21 Settembre 2021 - Ultimo aggiornamento il: 21 Settembre 2021 alle 18:53:00

Provincia di Taranto

Crispiano, “Imu sui terreni. Che disastro”

Sull’argomento interviene in maniera critica Vito Paciulli, assessore al Bilancio, alle Finanze e ai Tributi del Comune


CRISPIANO – “Imu sui terreni agricoli, che disastro.

Il governo Renzi dimostra, ancora una volta, l’enorme differenza tra i tanti annunci di cose belle da fare e i pessimi risultati concreti, e soprattutto la totale incapacità di comprendere le reali esigenze del Paese. Riguardo al Fisco aveva annunciato semplificazioni ed un diverso rapporto con i contribuenti, in realtà assistiamo ad una totale mancanza di rispetto per i cittadini/contribuenti”. Così Vito Paciulli, assessore al Bilancio, Finanze e Tributi del Comune di Crispiano.
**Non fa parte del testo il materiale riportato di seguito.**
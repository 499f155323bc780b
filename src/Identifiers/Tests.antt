-- ===== src/Identifiers/Tests.antt =====
-- Runs of identifiers.rs at concrete inputs.
use mozsearch.Prelude.{
  ℕ, ◌+◌, ◌≤◌, ◌≡◌, refl, true, false, some, List, [], ◌∷◌, ◌++◌, length, codes, All, arith,
}
use mozsearch.Identifiers.{bisect}
use mozsearch.Identifiers.Lines.{IsLine, join}
use mozsearch.Identifiers.Search.{bisect-partition}
use mozsearch.Identifiers.Lookup.{IdentResult, collect, lookup}
use mozsearch.Identifiers.Results.{lookup-collect}
use mozsearch.Identifiers.Wanted.{IsWanted, collect-IsWanted}

abbrev front_lines : List (List ℕ)
front_lines = codes "Abc s" ∷ []

abbrev foo_lines : List (List ℕ)
foo_lines = codes "foo F" ∷ codes "Foo.bar G" ∷ []

abbrev back_lines : List (List ℕ)
back_lines = codes "gh h" ∷ []

file_lines : All IsLine (front_lines ++ (foo_lines ++ back_lines))
file_lines = (
  (λ e. cc, (refl, (refl, (refl, (refl, (refl, tt)))))),
  (
    (λ e. cc, (refl, (refl, (refl, (refl, (refl, tt)))))),
    (
      (λ e. cc, (refl, (refl, (refl, (refl, (refl, (refl, (refl, (refl, (refl, tt)))))))))),
      ((λ e. cc, (refl, (refl, (refl, (refl, tt))))), tt),
    ),
  ),
)

bisect-partition_example :
    bisect (join (front_lines ++ (foo_lines ++ back_lines))) (codes "foo") false
    ≡ some (length (join front_lines))
bisect-partition_example =
    bisect-partition front_lines (foo_lines ++ back_lines) (codes "foo") false file_lines (refl, tt)
      (refl, (refl, (refl, tt)))

lookup-collect_example :
    lookup (join (front_lines ++ (foo_lines ++ back_lines))) (codes "foo") false true 5
    ≡ collect (codes "foo") false true 5 0 foo_lines
lookup-collect_example =
    lookup-collect front_lines foo_lines back_lines (codes "foo") false true 5 file_lines
      (
        (λ e. cc, (refl, (refl, (refl, (refl, (refl, tt)))))),
        ((λ e. cc, (refl, (refl, (refl, (refl, (refl, (refl, (refl, (refl, (refl, tt)))))))))), tt),
      )
      (refl, (refl, tt)) (refl, tt) (refl, (refl, (refl, tt))) (refl, (refl, (refl, tt))) (refl, tt)

collect-IsWanted_example :
    (rs : List IdentResult) × (collect (codes "foo") false true 5 0 foo_lines ≡ some rs)
    × All (IsWanted (codes "foo") false true) rs
    × (0 + length rs ≤ 5)
collect-IsWanted_example =
    collect-IsWanted (codes "foo") false true 5 0 foo_lines
      (
        (refl, (refl, (refl, (refl, (refl, tt))))),
        ((refl, (refl, (refl, (refl, (refl, (refl, (refl, (refl, (refl, tt))))))))), tt),
      )
      (ground arith)
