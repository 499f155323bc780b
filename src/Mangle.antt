-- ===== src/Mangle.antt =====
-- tools/src/file_format/analysis_manglings.rs: names of files and segments of pretty names.
-- Files has `mangle_file`, Pretty `split_pretty`; Decode and Segments prove their round trips.
pub mod Files
pub mod Pretty
pub mod Decode
pub mod Segments
mod Tests
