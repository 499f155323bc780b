-- ===== src/Tokenize.antt =====
-- tools/src/tokenize.rs: the tokens, and the cursor that every tokenizer moves over its text.
-- A text is the list of its code points (the source's `chars` vector, `char_indices`), and a
-- position is a byte offset, so a code point counts as long as its UTF-8 encoding.
pub mod Scan
pub mod Boundaries
mod Tests
mod ScriptTests
pub mod Plain
pub mod Yaml
pub mod CLike
pub mod TagLike
pub mod Embed
pub mod Xpidl
use mozsearch.Prelude.{
  ℕ, ◌+◌, Bool, ◌||◌, ◌&&◌, Option, none, some, List, [], ◌∷◌, ltb, leb, ◌==◌, if◌then◌else◌,
}

pub data TokenKind : Type 0 where
  plain_text punctuation : TokenKind
  identifier : Option (List ℕ) → TokenKind
  string_literal comment regular_expression_literal : TokenKind
  tag_name tag_attr_name end_tag_name newline : TokenKind

pub record Token : Type 0 where
  pub start : ℕ
  pub end : ℕ
  pub kind : TokenKind

abbrev pub token : ℕ → ℕ → TokenKind → Token
token s e k = record { start = s; end = e; kind = k }

-- `char::len_utf8`
abbrev pub width : ℕ → ℕ
width c = if ltb c 0x80 then 1 else if ltb c 0x800 then 2 else if ltb c 0x10000 then 3 else 4

-- `str::len`
abbrev pub byte_len : List ℕ → ℕ
byte_len [] = 0
byte_len (c ∷ cs) = width c + byte_len cs

-- `cur_pos` with what it indexes: the byte offset of the next character (`peek_pos`, which is
-- `string.len()` at the end), the characters from there on, and the one read last.
pub record Cursor : Type 0 where
  pub pos : ℕ
  pub prev : Option ℕ
  pub rest : List ℕ

abbrev pub start_of : List ℕ → Cursor
start_of text = record { pos = 0; prev = none; rest = text }

abbrev pub past : Cursor → ℕ → List ℕ → Cursor
past c x r = record { pos = c.pos + width x; prev = some x; rest = r }

-- The new cursor of `get_char` and of `consume_char`: nothing moves at the end of the text.
abbrev pub advance_in : Cursor → List ℕ → Cursor
advance_in c [] = c
advance_in c (x ∷ r) = past c x r

unfoldable pub advance : Cursor → Cursor
advance c = advance_in c c.rest

abbrev pub is_lower : ℕ → Bool
is_lower c = leb b'a' c && leb c b'z'

abbrev pub is_upper : ℕ → Bool
is_upper c = leb b'A' c && leb c b'Z'

abbrev pub is_digit : ℕ → Bool
is_digit c = leb b'0' c && leb c b'9'
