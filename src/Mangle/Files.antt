-- ===== src/Mangle/Files.antt =====
-- `mangle_file` and `make_file_sym_from_path`. A path is the list of its code points.
use mozsearch.Prelude.{
  ℕ, ◌+◌, ◌/◌, ◌%◌, Bool, ◌||◌, List, [], ◌∷◌, ◌++◌, ltb, ◌==◌, if◌then◌else◌, codes,
}
use mozsearch.Tokenize.{is_lower, is_upper, is_digit}

-- The class `[a-zA-Z0-9_/]`.
abbrev pub is_safe : ℕ → Bool
is_safe c = is_lower c || is_upper c || is_digit c || c == b'_' || c == b'/'

-- `c[0].as_bytes()[0]`: the first byte of the UTF-8 encoding.
unfoldable pub first_byte : ℕ → ℕ
first_byte c =
    if ltb c 0x80
    then c
    else if ltb c 0x800
    then 0xC0 + c / 64
    else if ltb c 0x10000
    then 0xE0 + c / 4096
    else 0xF0 + c / 262144

-- A digit of `{:02X}`.
abbrev pub hex_digit : ℕ → ℕ
hex_digit d = if ltb d 10 then b'0' + d else d + 55

unfoldable pub mangle_char : ℕ → List ℕ
mangle_char c =
    if is_safe c
    then c ∷ []
    else b'@' ∷ hex_digit (first_byte c / 16) ∷ hex_digit (first_byte c % 16) ∷ []

unfoldable pub mangle_file : List ℕ → List ℕ
unfolding mangle_char first_byte
mangle_file [] = []
mangle_file (c ∷ cs) = mangle_char c ++ mangle_file cs

unfoldable pub make_file_sym_from_path : List ℕ → List ℕ
unfolding mangle_file
make_file_sym_from_path path = codes "FILE_" ++ mangle_file path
L’amministratore comunale di Crispiano analizza come è stata gestita la questione Imu sui terreni montani.

“Tutto nasce  con il D.L. del 24/04/2014 con cui si stabilisce di finanziare i famigerati 80 euro da assegnare a chi già lavora, facendo pagare, tra l’alto, l’IMU sui terreni in zona montana fin ad oggi esentati – dice Paciulli- il tutto era legato ad un decreto ministeriale da emettere per individuare concretamente i terreni oggetto di pagamento. Passano diversi mesi e il 28/11/2014 il Governo si ricorda di emettere questo decreto con un criterio che tiene conto dell’altitudine non dei terreni ma della Casa comunale! Immancabile ricorso al Tar che sospende il provvedimento e immancabile proroga del versamento dal 16/12/2014 al 26/01/2015 con l’impegno di rivedere i criteri di individuazione dei terreni imponibili. Nel frattempo il 21/01/2015 il TAR non conferma la sospensiva quindi il 26/01/2015 si sarebbe dovuta pagare l’Imu. Il Governo il 23/01/2015, 3 giorni prima della scadenza, rivede i criteri di tassazione e concede una nuova proroga al 10/02/2015. Insomma un continuo rincorrersi di scadenze, proroghe e decreti! Ma il risultato finale qual’è? Che sui terreni ricadenti in Comuni parzialmente montani secondo la classificazione Istat, l’Imu va pagata da tutti, tranne che dai coltivatori diretti e gli imprenditori agricoli. Ma spesso si tratta di piccoli terreni incolti e improduttivi magari ereditati da chi agricoltore non è”.

Per l’assessore Paciulli, quindi, i contribuenti di Crispiano, Martina Franca, Massafra, Laterza, considerati Comuni parzialmente montani, devono pagare questa imposta entro il 10/02/2015.

“Il Consiglio Comunale di Crispiano il 22 gennaio 2015, all’unanimità ha adottato una delibera in cui chiede al Governo l’annullamento dell’imposta- afferma- invitando a valutare l’opportunità di reperire le entrate derivanti dall’Imu terreni attraverso una manovra di effettivo ed incisivo taglio in settori diversi (es. trattamenti pensionistici di importo elevato). Inoltre chiede il coinvolgimento fattivo di tutti i parlamentari pugliesi ad adoperarsi in tal senso. La cosa da sottolineare ancora una volta e che il Governo combina disastri ma la faccia la fa mettere agli Amministratori locali, a contatto con i cittadini/contribuenti, che di fatto sono costretti a subire tali decisioni senza nessuna possibilità di intervento autonomo”.